What kinds of things complicate this process?
Not to bash the internet, necessarily, but you can go online and see that some websites promise “miracle treatments” to restore function, when these treatments are still being studied, or haven’t been researched at all. Or you’ll read that it’s very important that you believe, because if you don’t believe you’re going to get better, then it’s your fault that you’re not getting better.
I certainly don’t want to go against the positive attitude, but this underlying text that if you didn’t achieve, maybe that’s because you didn’t believe enough, ignores the realities that sometimes there are things we can’t heal or modify.
Even if a certain intervention may not work, the patient needs to be able to gather enough resources to try it while also understanding the realities. That’s a lot to ask of a patient, isn’t it?
Which is why we try to pull in external resources. I often tell my patients “That’s a whole lot for one person to deal with, and we don’t all have to be Superman or Superwoman.”

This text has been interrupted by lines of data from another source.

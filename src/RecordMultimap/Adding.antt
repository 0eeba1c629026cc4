-- ===== src/RecordMultimap/Adding.antt =====
-- `add_row` of include/bitcoin/database/impl/record_multimap.ipp.
use mathlib.Core.Path.{subst}
use bitprim_database.Prelude.{
  ℕ, suc, ◌+◌, ◌≤◌, ◌<◌, ◌^◌, ◌≡◌, ◌∙◌, refl, sym, ap, true, inl, inr, List, [], ◌∷◌, arith,
  if◌then◌else◌, Bool-cases, length, Bytes, bytes_eq, eq_of_bytes_eq,
}
use bitprim_database.Run.{ok, ◌>>=◌, Returns}
use bitprim_database.Bytes.{write_bytes_outside}
use bitprim_database.Endian.{Endian, to_le}
use bitprim_database.MemoryMap.{Os}
use bitprim_database.MemoryMap.Growth.{Works, max_exact}
use bitprim_database.MemoryMap.Access.{written, save-ok, written-Reads, written_apart}
use bitprim_database.MemoryMap.Editing.{written-Edits}
use bitprim_database.RecordManager.{RecordManager}
use bitprim_database.RecordManager.Positions.{extent, get-extent}
use bitprim_database.RecordManager.Allocation.{HasRoom, added, new_records-added}
use bitprim_database.RecordList as Records
use bitprim_database.RecordList.Linked.{IsListed, first}
use bitprim_database.Buckets.{Hash}
use bitprim_database.Buckets.Found.{list_cases}
use bitprim_database.RecordHashTable.Invariant.{Models-congr, CanStore}
use bitprim_database.RecordHashTable.Storing.{store-Models}
use bitprim_database.RecordHashTable.Editing.{Editable}
use bitprim_database.RecordMultimap.{
  RecordMultimap, with_table_file, read_start, write_row, write_start, create_new, add_to_list,
  add_row,
}
use bitprim_database.RecordMultimap.Rows.{
  inside, start_of, FallsBelow, Chained, Chained-lt, Chained-congr, Maps, Holds, find-absent,
  find-present,
}

module _ ⦃en : Endian⦄ where
  -- A new record with a row, before the records `is`.
  record Prepends (m : RecordManager) (is : List ℕ) (xs : List Bytes) (row : Bytes)
      (m' : RecordManager) : Type 0 where
    listed : IsListed m'
    chained : Chained m' (m.record_count ∷ is) (row ∷ xs)
    kept : (js : List ℕ) (ys : List Bytes) → Chained m js ys → Chained m' js ys

  -- `insert` and the row that is written then.
  insert-Prepends :
      {os : Os} (m : RecordManager) (is : List ℕ) (xs : List Bytes) (row : Bytes)
      → Works os
      → IsListed m
      → HasRoom 1 m
      → 4 + length row ≤ m.record_size
      → Chained m is xs
      → (m₁ : RecordManager) × (m₂ : RecordManager) × (Records.insert os (first is) m
          ≡ ok (m.record_count, m₁))
        × (write_row m₁ m.record_count row ≡ ok m₂)
        × Prepends m is xs row m₂
  unfolding Records.insert Records.get write_row
  insert-Prepends {os} m is xs row works h room fits c =
      let (f, run, grew) = new_records-added m 1 works h.ready room in
      let bs = to_le 4 (first is) in
      let wide : length bs ≡ 4 = en.length-to_le 4 (first is) in
      let end = extent m m.record_count in
      let below = inside m.record_count (m.record_count + 1) m.record_size (omega arith) in
      let g₁ = written f end bs in
      let g₂ = written g₁ (end + 4) row in
      let m₁ : RecordManager = record m { file = g₁; record_count = m.record_count + 1 } in
      let m₂ : RecordManager = record m { file = g₂; record_count = m.record_count + 1 } in
      let place = get-extent (added 1 f m) m.record_count (omega (arith, h.exact)) in
      let same = λ (a : ℕ) (l : a < end).
        write_bytes_outside g₁.bytes (end + 4) row a (inl (omega arith))
        ∙ write_bytes_outside f.bytes end bs a (inl l)
        ∙ grew.kept a (omega (arith, l, h.ready.holds)) in
      (
        m₁,
        m₂,
        rw (
          run,
          ◌>>=◌,
          place,
          save-ok f end bs (record {
            mapped = grew.live.mapped;
            within = omega (arith, wide, below, fits, grew.room);
          }),
        ),
        rw (
          get-extent m₁ m.record_count (omega (arith, h.exact)),
          save-ok g₁ (end + 4) row (record {
            mapped = grew.live.mapped;
            within = omega (arith, below, fits, grew.room);
          }),
          ◌>>=◌,
        ),
        record {
          listed = record {
            ready = record {
              live = record {
                opened = grew.live.opened;
                mapped = grew.live.mapped;
                sized = grew.live.sized;
              };
              holds = grew.room;
              countable = room.indexes;
            };
            wide = h.wide;
            exact = room.exact;
          };
          chained = (
            omega arith,
            falls is xs c,
            fits,
            written_apart g₁ (end + 4) row end bs (inl (omega (arith, wide)))
                (written-Reads f end bs),
            written-Reads g₁ (end + 4) row,
            Chained-congr m g₂ (m.record_count + 1) is xs (omega arith) same c,
          );
          kept = λ js ys. Chained-congr m g₂ (m.record_count + 1) js ys (omega arith) same;
        },
      )
    where
      falls : (is : List ℕ) (xs : List Bytes) → Chained m is xs → FallsBelow m.record_count is
      falls [] xs c = tt
      falls (i ∷ is) xs c = Chained-lt m i is xs c

-- There is room for a record of the table and for one of the rows.
pub record HasRoomFor (key row : Bytes) (mm : RecordMultimap) : Type 0 where
  pub keyed : length key ≡ mm.table.key_size
  pub fits : 4 + length row ≤ mm.rows.record_size
  pub rows : HasRoom 1 mm.rows
  pub slot : mm.table.key_size + 4 + 4 ≤ mm.table.manager.record_size
  pub indexes : suc mm.table.manager.record_count < 2 ^ 32
  pub exact : extent mm.table.manager (mm.table.manager.record_count + 1) ≤ max_exact

-- The values with a row pushed under a key.
abbrev pub added_row : {A : Type 0} → Bytes → A → (Bytes → List A) → Bytes → List A
added_row key x rows q = if bytes_eq q key then x ∷ rows q else rows q

module _ ⦃en : Endian⦄ (hash : Hash) {table_os os : Os} (works : Works table_os) (works' : Works os)
    (mm : RecordMultimap) (starts : Bytes → List ℕ) (rows : Bytes → List Bytes) (key row : Bytes)
    (h : Maps hash mm starts rows) (room : HasRoomFor key row mm) where
  -- The rows after a record is prepended to those of the key.
  prepended :
      (m' : RecordManager)
      → Prepends mm.rows (starts key) (rows key) row m'
      → (q : Bytes)
      → Chained m' (added_row key mm.rows.record_count starts q) (added_row key row rows q)
  prepended m' p q = elim (Bool-cases (bytes_eq q key)) [
    | inl own ↦ rw own (
        subst (λ k. Chained m' (mm.rows.record_count ∷ starts k) (row ∷ rows k))
          (sym (eq_of_bytes_eq q key own)) p.chained)
    | inr other ↦ rw other (p.kept (starts q) (rows q) (h.chained q))
  ]

  -- What is known of a key from what is known of the equal one.
  starts_of : (q : Bytes) {is : List ℕ} → bytes_eq q key ≡ true → starts key ≡ is → starts q ≡ is
  starts_of q own filled = ap starts (eq_of_bytes_eq q key own) ∙ filled

  create_new-Maps :
      starts key ≡ []
      → Returns (create_new hash table_os os key row mm) (λ mm'.
        Maps hash mm' (added_row key mm.rows.record_count starts) (added_row key row rows)
        × (mm'.table.key_size ≡ mm.table.key_size))
  unfolding create_new Records.create
  create_new-Maps nil =
      let n = mm.rows.record_count in
      let (m₁, m₂, run, run', p) =
        insert-Prepends mm.rows (starts key) (rows key) row works' h.listed room.rows room.fits
          (h.chained key) in
      let created : Records.insert os Records.empty mm.rows ≡ ok (n, m₁) =
        subst (λ k. Records.insert os k mm.rows ≡ ok (n, m₁)) (ap first nil) run in
      let can : CanStore key (to_le 4 n) mm.table = record {
        keyed = room.keyed;
        fits = omega (arith, room.slot, en.length-to_le 4 n);
        indexes = room.indexes;
        exact = room.exact;
      } in
      let (t, stored, (models, kept)) =
        store-Models hash mm.table (λ q. start_of (starts q)) key (to_le 4 n) works h.models can in
      (
        record { table = t; rows = m₂ },
        rw (created, ◌>>=◌, run', stored),
        (
          record {
            models = Models-congr hash models (λ q. elim (Bool-cases (bytes_eq q key)) [
              | inl own ↦ rw (own, starts_of q own nil)
              | inr other ↦ rw other
            ]);
            listed = p.listed;
            chained = prepended m₂ p;
          },
          kept,
        ),
      )

  add_to_list-Maps :
      (a i : ℕ) (is : List ℕ)
      → starts key ≡ i ∷ is
      → Editable hash mm.table (λ q. start_of (starts q)) key (to_le 4 i) a
      → read_start mm a ≡ ok i
      → Returns (add_to_list os a row mm) (λ mm'.
        Maps hash mm' (added_row key mm.rows.record_count starts) (added_row key row rows)
        × (mm'.table.key_size ≡ mm.table.key_size))
  unfolding add_to_list write_start
  add_to_list-Maps a i is filled editable read =
      let n = mm.rows.record_count in
      let (m₁, m₂, run, run', p) =
        insert-Prepends mm.rows (starts key) (rows key) row works' h.listed room.rows room.fits
          (h.chained key) in
      let inserted : Records.insert os i mm.rows ≡ ok (n, m₁) =
        subst (λ k. Records.insert os k mm.rows ≡ ok (n, m₁)) (ap first filled) run in
      let four = en.length-to_le 4 i in
      let four' = en.length-to_le 4 n in
      let f = mm.table.manager.file in
      let g = written f a (to_le 4 n) in
      (
        with_table_file g (record mm { rows = m₂ }),
        rw (
          read,
          ◌>>=◌,
          inserted,
          run',
          save-ok f a (to_le 4 n) (record {
            mapped = editable.covers.mapped;
            within = omega (arith, editable.covers.within, four, four');
          }),
        ),
        (
          record {
            models =
                Models-congr hash
                  (editable.edit g (to_le 4 n) (four' ∙ sym four) (written-Edits f a (to_le 4 n)))
                  (λ q. elim (Bool-cases (bytes_eq q key)) [
                    | inl own ↦ rw (own, starts_of q own filled)
                    | inr other ↦ rw other
                  ]);
            listed = p.listed;
            chained = prepended m₂ p;
          },
          refl,
        ),
      )

  -- `add_row` of a key and a row, in a multimap that holds the rows `rows` under each key, returns
  -- where the system calls succeed and there is room. The multimap then holds the row before the
  -- rows of the key, whether the key had rows or not, and all other rows as before; the key size
  -- stays.
  pub add_row-Holds :
      Returns
        (add_row hash table_os os key row mm)
        (λ mm'. Holds hash mm' (added_row key row rows) × (mm'.table.key_size ≡ mm.table.key_size))
  unfolding add_row
  add_row-Holds = elim (list_cases (starts key)) [
    | inl nil ↦
        let (mm', run, (h', kept)) = create_new-Maps nil in
        (
          mm',
          rw (find-absent hash mm starts rows key h room.keyed nil, ◌>>=◌) run,
          ((added_row key mm.rows.record_count starts, h'), kept),
        )
    | inr (i, is, filled) ↦
        let (a, editable, read) = find-present hash mm starts rows key i is h room.keyed filled in
        let (mm', run, (h', kept)) = add_to_list-Maps a i is filled editable read in
        (
          mm',
          rw (editable.found, ◌>>=◌) run,
          ((added_row key mm.rows.record_count starts, h'), kept),
        )
  ]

So we hope there’s a close circle around the person – the family or sometimes the extended family. Sometimes it’s friends, or it could be a caregiver who is not a family member. And then it could be a psychologist, a counselor or a psychiatrist. Or a spiritual guide.
I would say that rehabilitation professionals, by training and experience, have learned also to approach these issues, and we try our best to be one of these external resources.
What else should we know about what you bring to difficult discussions with patients?
When somebody has a disability, many things are more difficult. A patient may want to try a procedure, a device or a treatment, and then their insurance may deny it. I feel that part of my role is to try, if I’m given the opportunity, to talk to the insurance company and explain why this is important and why I think it’s an effective use of healthcare dollars. Sometimes the person may have difficulty finding a place to get their care that is accessible and closer to where they live, because of difficulty getting transportation.
So it’s not just about prescribing something. I want to be a resource for them as well as to help them along the way. I see it less of a one moment snapshot as a bit of a journey. And I feel that it’s a privilege for me to be able to accompany a patient on some part of their journey.